Task requirements:
Reproduce every entry exactly as shown.

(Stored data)
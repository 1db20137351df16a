-- ===== src/Guarded/Approval/Invariant.antt =====
-- A record's status agrees with its steps, and every operation on the table keeps that.
use gpuopt.Base.{
  ℕ, String, true, ◌≡◌, refl, ◌∙◌, Option, some, List, any, all, arith, string_eq, Bool-cases,
  Option-cases, inl, inr,
}
use gpuopt.Base.Dict.{lookup, Rows, Rows-insert}
use gpuopt.Guarded.Approval.{
  Uuid, ApprovalStatus, pending, approved, rejected, cancelled, is_pending, ApprovalStep,
  ApprovalRecord, Approvals, ApprovalWorkflowRequest, effective_approvers, mark_step, settle,
  close_rejected, save_approval, create_request, approve, reject, decide,
}
use gpuopt.Guarded.Approval.Steps.{
  step_pending, step_approved, step_rejected, step_open, approvers, mark_step-approvers,
  mark_step-all_open, mark_step-any_rejected, all_open_none_rejected, all_open_undecided,
  initial_steps-approvers, initial_steps_open,
}

-- A pending record waits for a step, and none stands against it; an approved one has every step
-- approved; a rejected one has a rejected step; no operation cancels.
abbrev pub Agrees : ApprovalStatus → List ApprovalStep → Type 0
Agrees pending steps = (all step_open steps ≡ true) × (any step_pending steps ≡ true)
Agrees approved steps = all step_approved steps ≡ true
Agrees rejected steps = any step_rejected steps ≡ true
Agrees cancelled steps = ⊥

pub record IsConsistent (r : ApprovalRecord) : Type 0 where
  pub agrees : Agrees r.status r.steps
  pub assigned : approvers r.steps ≡ effective_approvers r.required_approvers

-- Every row is consistent and stands under its id.
abbrev pub IsSound : Approvals → Type 0
IsSound = Rows (λ k r. IsConsistent r × (r.id ≡ k))

save_approval-IsSound :
    (r : ApprovalRecord) (db : Approvals)
    → IsConsistent r
    → IsSound db
    → IsSound (save_approval r db)
unfolding save_approval
save_approval-IsSound r db c s =
    Rows-insert (λ k r. IsConsistent r × (r.id ≡ k)) r.id (record r { cluster_name = "" }) db
      (record { agrees = c.agrees; assigned = c.assigned }, refl) s

-- The status that `settle` gives agrees with the steps, where all are pending or approved.
settle-IsConsistent :
    (now : ℕ) (why : String) (r : ApprovalRecord)
    → r.status ≡ pending
    → all step_open r.steps ≡ true
    → approvers r.steps ≡ effective_approvers r.required_approvers
    → IsConsistent (settle now why r)
unfolding settle
settle-IsConsistent now why r p o a =
    ground (arith, all_open_none_rejected r.steps, all_open_undecided r.steps)

Agrees-open :
    (st : ApprovalStatus) (steps : List ApprovalStep)
    → is_pending st ≡ true
    → Agrees st steps
    → (st ≡ pending) × (all step_open steps ≡ true)
Agrees-open pending steps p a = (refl, a.0)
Agrees-open approved steps p a = cc
Agrees-open rejected steps p a = cc
Agrees-open cancelled steps p a = cc

module _ (k : Uuid) (who why : String) (now : ℕ) (r : ApprovalRecord) (c : IsConsistent r) where
  approved_step :
      (marked : List ApprovalStep)
      → is_pending r.status ≡ true
      → mark_step approved who now why r.steps ≡ some marked
      → IsConsistent (settle now why (record r { steps = marked }))
  approved_step marked p e =
      let (st, o) = Agrees-open r.status r.steps p c.agrees in
      settle-IsConsistent now why (record r { steps = marked }) st
        (mark_step-all_open who now why r.steps e o)
        (mark_step-approvers who now why approved r.steps e ∙ c.assigned)

  rejected_step :
      (marked : List ApprovalStep)
      → mark_step rejected who now why r.steps ≡ some marked
      → IsConsistent (close_rejected now why (record r { steps = marked }))
  unfolding close_rejected
  rejected_step marked e = record {
    agrees = mark_step-any_rejected who now why r.steps e;
    assigned = mark_step-approvers who now why rejected r.steps e ∙ c.assigned;
  }

-- A decision keeps the table sound, if marking a step and finishing keeps a record consistent.
decide-IsSound :
    (verdict : ApprovalStatus) (finish : ℕ → String → ApprovalRecord → ApprovalRecord) (k : Uuid)
    (who why : String) (now : ℕ) (db : Approvals)
    → ((r : ApprovalRecord) (marked : List ApprovalStep)
        → IsConsistent r
        → is_pending r.status ≡ true
        → mark_step verdict who now why r.steps ≡ some marked
        → IsConsistent (finish now why (record r { steps = marked })))
    → IsSound db
    → IsSound (decide verdict finish k who why now db).1
unfolding decide
decide-IsSound verdict finish k who why now db keep s = elim (Option-cases (lookup k db)) [
  | inl e ↦ rw (e, decide) s
  | inr (r, e) ↦
      rw (e, decide)
        (elim (Bool-cases (is_pending r.status)) [
          | inr f ↦ rw (f, decide) s
          | inl p ↦
              rw (p, decide)
                (elim (Option-cases (mark_step verdict who now why r.steps)) [
                  | inl m ↦ rw (m, decide) s
                  | inr (marked, m) ↦
                      rw (m, decide)
                        (save_approval-IsSound (finish now why (record r { steps = marked })) db
                          (keep r marked (s k r e).0 p m) s)
                ])
        ])
]

pub approve-IsSound :
    (k : Uuid) (who why : String) (now : ℕ) (db : Approvals)
    → IsSound db
    → IsSound (approve k who why now db).1
unfolding approve
approve-IsSound k who why now db s =
    decide-IsSound approved settle k who why now db
      (λ r marked c p e. approved_step k who why now r c marked p e) s

pub reject-IsSound :
    (k : Uuid) (who why : String) (now : ℕ) (db : Approvals)
    → IsSound db
    → IsSound (reject k who why now db).1
unfolding reject
reject-IsSound k who why now db s =
    decide-IsSound rejected close_rejected k who why now db
      (λ r marked c p e. rejected_step k who why now r c marked e) s

pub create_request-IsSound :
    (get_cluster : Uuid → Option String) (fresh fresh_cluster : Uuid) (now : ℕ)
    (request : ApprovalWorkflowRequest) (db : Approvals)
    → IsSound db
    → IsSound (create_request get_cluster fresh fresh_cluster now request db).1
unfolding create_request
create_request-IsSound get_cluster fresh fresh_cluster now request db s =
    save_approval-IsSound (create_request get_cluster fresh fresh_cluster now request db).0 db
      (record {
        agrees = initial_steps_open request.required_approvers;
        assigned = initial_steps-approvers request.required_approvers;
      })
      s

Output for this task:
repository 1db20137351df16a
-- ===== src/Guarded/Approval/Invariant.antt =====
-- A record's status agrees with its steps, and every operation on the table keeps that.
use gpuopt.Base.{
  ℕ, String, true, ◌≡◌, refl, ◌∙◌, Option, some, List, any, all, arith, string_eq, Bool-cases,
  Option-cases, inl, inr,
}
use gpuopt.Base.Dict.{lookup, Rows, Rows-insert}
use gpuopt.Guarded.Approval.{
  Uuid, ApprovalStatus, pending, approved, rejected, cancelled, is_pending, ApprovalStep,
  ApprovalRecord, Approvals, ApprovalWorkflowRequest, effective_approvers, mark_step, settle,
  close_rejected, save_approval, create_request, approve, reject, decide,
}
use gpuopt.Guarded.Approval.Steps.{
  step_pending, step_approved, step_rejected, step_open, approvers, mark_step-approvers,
  mark_step-all_open, mark_step-any_rejected, all_open_none_rejected, all_open_undecided,
  initial_steps-approvers, initial_steps_open,
}

-- A pending record waits for a step, and none stands against it; an approved one has every step
-- approved; a rejected one has a rejected step; no operation cancels.
abbrev pub Agrees : ApprovalStatus → List ApprovalStep → Type 0
Agrees pending steps = (all step_open steps ≡ true) × (any step_pending steps ≡ true)
Agrees approved steps = all step_approved steps ≡ true
Agrees rejected steps = any step_rejected steps ≡ true
Agrees cancelled steps = ⊥

pub record IsConsistent (r : ApprovalRecord) : Type 0 where
  pub agrees : Agrees r.status r.steps
  pub assigned : approvers r.steps ≡ effective_approvers r.required_approvers

-- Every row is consistent and stands under its id.
abbrev pub IsSound : Approvals → Type 0
IsSound = Rows (λ k r. IsConsistent r × (r.id ≡ k))

save_approval-IsSound :
    (r : ApprovalRecord) (db : Approvals)
    → IsConsistent r
    → IsSound db
    → IsSound (save_approval r db)
unfolding save_approval
save_approval-IsSound r db c s =
    Rows-insert (λ k r. IsConsistent r × (r.id ≡ k)) r.id (record r { cluster_name = "" }) db
      (record { agrees = c.agrees; assigned = c.assigned }, refl) s

-- The status that `settle` gives agrees with the steps, where all are pending or approved.
settle-IsConsistent :
    (now : ℕ) (why : String) (r : ApprovalRecord)
    → r.status ≡ pending
    → all step_open r.steps ≡ true
    → approvers r.steps ≡ effective_approvers r.required_approvers
    → IsConsistent (settle now why r)
unfolding settle
settle-IsConsistent now why r p o a =
    ground (arith, all_open_none_rejected r.steps, all_open_undecided r.steps)

Agrees-open :
    (st : ApprovalStatus) (steps : List ApprovalStep)
    → is_pending st ≡ true
    → Agrees st steps
    → (st ≡ pending) × (all step_open steps ≡ true)
Agrees-open pending steps p a = (refl, a.0)
Agrees-open approved steps p a = cc
Agrees-open rejected steps p a = cc
Agrees-open cancelled steps p a = cc

module _ (k : Uuid) (who why : String) (now : ℕ) (r : ApprovalRecord) (c : IsConsistent r) where
  approved_step :
      (marked : List ApprovalStep)
      → is_pending r.status ≡ true
      → mark_step approved who now why r.steps ≡ some marked
      → IsConsistent (settle now why (record r { steps = marked }))
  approved_step marked p e =
      let (st, o) = Agrees-open r.status r.steps p c.agrees in
      settle-IsConsistent now why (record r { steps = marked }) st
        (mark_step-all_open who now why r.steps e o)
        (mark_step-approvers who now why approved r.steps e ∙ c.assigned)

  rejected_step :
      (marked : List ApprovalStep)
      → mark_step rejected who now why r.steps ≡ some marked
      → IsConsistent (close_rejected now why (record r { steps = marked }))
  unfolding close_rejected
  rejected_step marked e = record {
    agrees = mark_step-any_rejected who now why r.steps e;
    assigned = mark_step-approvers who now why rejected r.steps e ∙ c.assigned;
  }

-- A decision keeps the table sound, if marking a step and finishing keeps a record consistent.
decide-IsSound :
    (verdict : ApprovalStatus) (finish : ℕ → String → ApprovalRecord → ApprovalRecord) (k : Uuid)
    (who why : String) (now : ℕ) (db : Approvals)
    → ((r : ApprovalRecord) (marked : List ApprovalStep)
        → IsConsistent r
        → is_pending r.status ≡ true
        → mark_step verdict who now why r.steps ≡ some marked
        → IsConsistent (finish now why (record r { steps = marked })))
    → IsSound db
    → IsSound (decide verdict finish k who why now db).1
unfolding decide
decide-IsSound verdict finish k who why now db keep s = elim (Option-cases (lookup k db)) [
  | inl e ↦ rw (e, decide) s
  | inr (r, e) ↦
      rw (e, decide)
        (elim (Bool-cases (is_pending r.status)) [
          | inr f ↦ rw (f, decide) s
          | inl p ↦
              rw (p, decide)
                (elim (Option-cases (mark_step verdict who now why r.steps)) [
                  | inl m ↦ rw (m, decide) s
                  | inr (marked, m) ↦
                      rw (m, decide)
                        (save_approval-IsSound (finish now why (record r { steps = marked })) db
                          (keep r marked (s k r e).0 p m) s)
                ])
        ])
]

pub approve-IsSound :
    (k : Uuid) (who why : String) (now : ℕ) (db : Approvals)
    → IsSound db
    → IsSound (approve k who why now db).1
unfolding approve
approve-IsSound k who why now db s =
    decide-IsSound approved settle k who why now db
      (λ r marked c p e. approved_step k who why now r c marked p e) s

pub reject-IsSound :
    (k : Uuid) (who why : String) (now : ℕ) (db : Approvals)
    → IsSound db
    → IsSound (reject k who why now db).1
unfolding reject
reject-IsSound k who why now db s =
    decide-IsSound rejected close_rejected k who why now db
      (λ r marked c p e. rejected_step k who why now r c marked e) s

pub create_request-IsSound :
    (get_cluster : Uuid → Option String) (fresh fresh_cluster : Uuid) (now : ℕ)
    (request : ApprovalWorkflowRequest) (db : Approvals)
    → IsSound db
    → IsSound (create_request get_cluster fresh fresh_cluster now request db).1
unfolding create_request
create_request-IsSound get_cluster fresh fresh_cluster now request db s =
    save_approval-IsSound (create_request get_cluster fresh fresh_cluster now request db).0 db
      (record {
        agrees = initial_steps_open request.required_approvers;
        assigned = initial_steps-approvers request.required_approvers;
      })
      s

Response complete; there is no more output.